MOLDIVS: Molecular Diversity and Similarity


Welcome to MOLDIVS

This manual explains how to use MOLDIVS to perform similarity and diversity calculations on structural databases of chemical compounds. After the Introduction, it is organized by chapters, each describing the actions and utilities of the main menu items.

Overview of MOLDIVS

MOLDIVS (MOLecular DIVersity and Similarity) is a program package for molecular similarity and diversity calculations for Microsoft Windows. MOLDIVS permits to perform a wide range of similarity and diversity calculation tasks on the large sets of compounds.

Program is oriented on specialists in Compounds Selection and Acquisition, High-Throughput Screening, Combinatorial Chemistry, Medicinal Chemistry, Computational Chemistry, Chemical Informatics, Structure-Activity Relationships and Chemical Databases.
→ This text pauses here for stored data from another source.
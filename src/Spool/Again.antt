-- ===== src/Spool/Again.antt =====
-- The same event appended again, at any later time.
use superlily.Base.{
  ℕ, ◌+◌, ◌≡◌, refl, sym, ap, subst, ◌∙◌, true, false, none, some, String, List, arith, ltb, ◌==◌,
  eq_iff, eq_refl, Bool-cases, Option-cases, inl, inr, ◌⊎◌,
}
use Prim.Native.String.{len}
use superlily.Spool.{
  Payload, SpoolRecord, SpoolRow, Spool, spool_error, Outcome, ok, raised, Clock, Libraries,
  compact, find_record, find_identity, events_endpoint, Loaded, invalid, not_an_object, object,
}
use superlily.Spool.Append.{
  append_event, row_to_record, fresh_record, capture_event, insert_event, new_identity, new_row,
  is_taken,
}
use superlily.Spool.Keeps.{append-IsOrdered}
use superlily.Spool.Order.{IsOrdered}
use superlily.Spool.Calls.{Call, perform_all, perform_all-keeps, IsSound}
use superlily.Spool.Binding.{Binds, Binds-grows, record-key, record-known, known-Binds}

-- a row with the key, whose stored text is not the JSON text of an object
abbrev pub IsUnreadable : Libraries → String → Spool → Type 0
IsUnreadable x key s =
    (row : SpoolRow) × (find_record key s.records ≡ some row)
    × ((x.loads row.payload_json ≡ invalid) ⊎ (x.loads row.payload_json ≡ not_an_object))

-- what a repeated call may return: the same number and hash, or, only where the row of the key cannot be read, a
-- SpoolError
abbrev pub Agrees : Libraries → String → Spool → SpoolRecord → Outcome SpoolRecord → Type 0
Agrees x key s r (ok q) = (q.sequence ≡ r.sequence) × (q.record_sha256 ≡ r.record_sha256)
Agrees x key s r (raised (spool_error e)) = IsUnreadable x key s
Agrees x key s r (raised _) = ⊥

Loaded-cases :
    (l : Loaded) → ((l ≡ invalid) ⊎ (l ≡ not_an_object)) ⊎ ((p : Payload) × (l ≡ object p))
Loaded-cases invalid = inl (inl refl)
Loaded-cases not_an_object = inl (inr refl)
Loaded-cases (object p) = inr (p, refl)

read-Agrees :
    (x : Libraries) (key : String) (s : Spool) (row : SpoolRow) (r : SpoolRecord)
    → find_record key s.records ≡ some row
    → row.sequence ≡ r.sequence
    → row.record_sha256 ≡ r.record_sha256
    → Agrees x key s r (row_to_record x row)
unfolding row_to_record
read-Agrees x key s row r found h k = elim (Loaded-cases (x.loads row.payload_json)) [
  | inl (inl bad) ↦ rw (bad, Agrees) (row, found, inl bad)
  | inl (inr bad) ↦ rw (bad, Agrees) (row, found, inr bad)
  | inr (payload, good) ↦ rw (good, Agrees) (h, k)
]

-- a call with a bound key and the same body changes nothing and agrees
bound-repeat :
    (x : Libraries) (c : Clock) (payload : Payload) (key : String) (s : Spool) (r : SpoolRecord)
    → (key == "") ≡ false
    → r.record_sha256 ≡ x.record_hash events_endpoint key payload.body
    → IsOrdered (Binds key r.sequence r.record_sha256) s
    → (Agrees x key s r (append_event x c payload key s).0)
      × ((append_event x c payload key s).1 ≡ s)
unfolding append_event fresh_record
bound-repeat x c payload key s r named hashed h =
    let (i, found, numbered, same_hash) = h.fact in
    elim (Option-cases (find_record key s.records)) [
      | inr (row, there) ↦
          let (j, found', numbered', same_hash') =
            known-Binds row s.identities h.keys_distinct
              (record-known key s.records row s.identities there h.rows_known) in
          let one : j ≡ i = ground (arith, found', found, record-key key s.records row there) in
          let row_number : row.sequence ≡ r.sequence =
            sym numbered' ∙ ap (λ k. k.sequence) one ∙ numbered in
          let row_hash : row.record_sha256 ≡ r.record_sha256 =
            sym same_hash' ∙ ap (λ k. k.record_sha256) one ∙ same_hash in
          let equal : (row.record_sha256 == x.record_hash events_endpoint key payload.body) ≡ true =
            (eq_iff _ _).1 (row_hash ∙ hashed) in
          rw (named, there, equal, append_event)
            (read-Agrees x key s row r there row_number row_hash, refl)
      | inl absent ↦
          let equal : (i.record_sha256 == x.record_hash events_endpoint key payload.body) ≡ true =
            (eq_iff _ _).1 (same_hash ∙ hashed) in
          rw (named, absent, found, equal, append_event) ((numbered, same_hash), refl)
    ]

-- a successful call binds its key
abbrev Bound : String → String → Outcome SpoolRecord × Spool → Type 0
Bound key hash (ok r, t) =
    ((key == "") ≡ false)
    × (r.record_sha256 ≡ hash)
    × Binds key r.sequence r.record_sha256 t.identities
Bound key hash (raised e, t) = Unit

insert-Bound :
    (x : Libraries) (s : Spool) (body key hash : String) (at : ℕ)
    → (key == "") ≡ false
    → Bound key hash (insert_event x s body (new_identity s key hash at))
unfolding insert_event fresh_record new_identity find_identity
insert-Bound x s body key hash at named =
    elim (Bool-cases
      (ltb s.max_record_bytes (len (new_row x s body (new_identity s key hash at)).payload_json))) [
        | inl large ↦ rw (large, insert_event) tt
        | inr fits ↦ elim (Bool-cases (is_taken (new_identity s key hash at) s)) [
          | inl taken ↦ rw (fits, taken, insert_event) tt
          | inr free ↦
              rw (fits, free, insert_event) (named, refl, rw (eq_refl key) (_, refl, refl, refl))
        ]
      ]

capture-Bound :
    (x : Libraries) (c : Clock) (body key hash : String) (s : Spool)
    → (key == "") ≡ false
    → Bound key hash (capture_event x c body key hash s)
unfolding capture_event
capture-Bound x c body key hash s named =
    let size : ℕ = len (x.dumps (record { body = body; ingress = none })) + 8192 in
    elim (Bool-cases (ltb s.max_record_bytes size)) [
      | inl large ↦ rw (large, capture_event) tt
      | inr fits ↦
          elim (Bool-cases (ltb (compact c s).quota_bytes (x.live_bytes (compact c s) + size))) [
            | inl over ↦ rw (fits, over, capture_event) tt
            | inr within ↦
                rw (fits, within, capture_event)
                  (insert-Bound x (compact c s) body key hash c.wall named)
          ]
    ]

read-Bound :
    (x : Libraries) (row : SpoolRow) (key hash : String) (s : Spool)
    → (key == "") ≡ false
    → row.record_sha256 ≡ hash
    → Binds key row.sequence row.record_sha256 s.identities
    → Bound key hash (row_to_record x row, s)
unfolding row_to_record
read-Bound x row key hash s named hashed binds = elim (Loaded-cases (x.loads row.payload_json)) [
  | inl (inl bad) ↦ rw (bad, Bound) tt
  | inl (inr bad) ↦ rw (bad, Bound) tt
  | inr (payload, good) ↦ rw (good, Bound) (named, hashed, binds)
]

append-Bound :
    (x : Libraries) (c : Clock) (payload : Payload) (key : String) (s : Spool)
    → IsSound s
    → Bound key (x.record_hash events_endpoint key payload.body) (append_event x c payload key s)
unfolding append_event fresh_record
append-Bound x c payload key s h =
    let hash : String = x.record_hash events_endpoint key payload.body in
    elim (Bool-cases (key == "")) [
      | inl empty ↦ rw (empty, append_event) tt
      | inr named ↦ elim (Option-cases (find_record key s.records)) [
        | inr (r, found) ↦ elim (Bool-cases (r.record_sha256 == hash)) [
          | inl same ↦
              let binds : Binds r.idempotency_key r.sequence r.record_sha256 s.identities =
                known-Binds r s.identities h.keys_distinct
                  (record-known key s.records r s.identities found h.rows_known) in
              rw (named, found, same, append_event)
                (read-Bound x r key hash s named ((eq_iff r.record_sha256 hash).0 same) (
                  subst (λ k. Binds k r.sequence r.record_sha256 s.identities)
                    (record-key key s.records r found) binds))
          | inr other ↦ rw (named, found, other, append_event) tt
        ]
        | inl absent ↦ elim (Option-cases (find_identity key s.identities)) [
          | inr (i, found) ↦ elim (Bool-cases (i.record_sha256 == hash)) [
            | inl same ↦
                rw (named, absent, found, same, append_event)
                  (named, (eq_iff i.record_sha256 hash).0 same, (i, found, refl, refl))
            | inr other ↦ rw (named, absent, found, other, append_event) tt
          ]
          | inl unknown ↦
              rw (named, absent, unknown, append_event)
                (capture-Bound x c payload.body key hash s named)
        ]
      ]
    ]

-- In a spool that is in order, a record that was returned for a key is bound to it for good: after any
-- further calls, an append of the same key and body captures nothing new, and returns the same sequence
-- number and hash; also where the row has been removed. Only where the stored row of the key is not the JSON
-- text of an object may it raise a SpoolError instead, which also changes nothing.
pub append-again :
    (x : Libraries) (c d : Clock) (payload later : Payload) (key : String) (s t : Spool)
    (r : SpoolRecord) (calls : List (Clock × Call))
    → IsSound s
    → append_event x c payload key s ≡ (ok r, t)
    → later.body ≡ payload.body
    → Agrees x key (perform_all x calls t) r (append_event x d later key (perform_all x calls t)).0
      × ((append_event x d later key (perform_all x calls t)).1 ≡ perform_all x calls t)
append-again x c d payload later key s t r calls h e same_body =
    let (named, hashed, binds) =
      subst (Bound key (x.record_hash events_endpoint key payload.body)) e
        (append-Bound x c payload key s h) in
    let before : IsSound t =
      subst (λ p. IsSound p.1) e
        (append-IsOrdered (λ is. Unit) (λ i is _ _. tt) x c payload key s h) in
    let ordered : IsOrdered (Binds key r.sequence r.record_sha256) t = record {
      rows_descend = before.rows_descend;
      identities_descend = before.identities_descend;
      rows_known = before.rows_known;
      keys_distinct = before.keys_distinct;
      fact = binds;
    } in
    bound-repeat x d later key (perform_all x calls t) r named (rw same_body hashed) (
      perform_all-keeps (Binds key r.sequence r.record_sha256)
        (λ i is new. Binds-grows key r.record_sha256 r.sequence i is new) x calls t ordered)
With MOLDIVS you will be able to…
  • Calculate similarity indexes for any chemical compound with all compounds in any database.
  • Calculate the complete similarity matrix for any database of chemical compounds.
  • Estimate the whole diversity of any database of chemical compounds.
  • Select diverse subset of compounds from any database of chemical compounds.
  • Selectively import subset of dissimilar compounds from external database.
Program Features
General
  • Microsoft Windows Compatible.
  • Friendly Graphic User Interface.
  • Structure Editor.
  • Database Management System.
  • MDL SD File Import/Export.
Structural Fragments
  • Atom-Centered Concentric Environments with Sphere of Any Size.
  • Plain Structural Fragments and Combined Structural-Physicochemical Fragments.
  • Partial Atomic Charge, Polarizability and H-Bond Donor/Acceptor Factor Parameters.
  • Fragments Visualization.
  • Unlimited Number of Fragments.
  • Fragments Frequency of Occurrence Estimation.
Similarity and Diversity Calculations
  • Three Similarity Measures.
  • Two Measures of Diversity.
  • Fast Database Diversity Estimation.
  • Full Similarity Matrix Calculation.
Compound Selection Algorithms
  • Sum(Min.Dissimilarities) maximization.
  • Min.Dissimilarities maximization.
  • Sum(Dissimilarities) maximization.
  • Stepwise Elimination.
  • Cluster Sampling.
  • Selective Import from External Databases.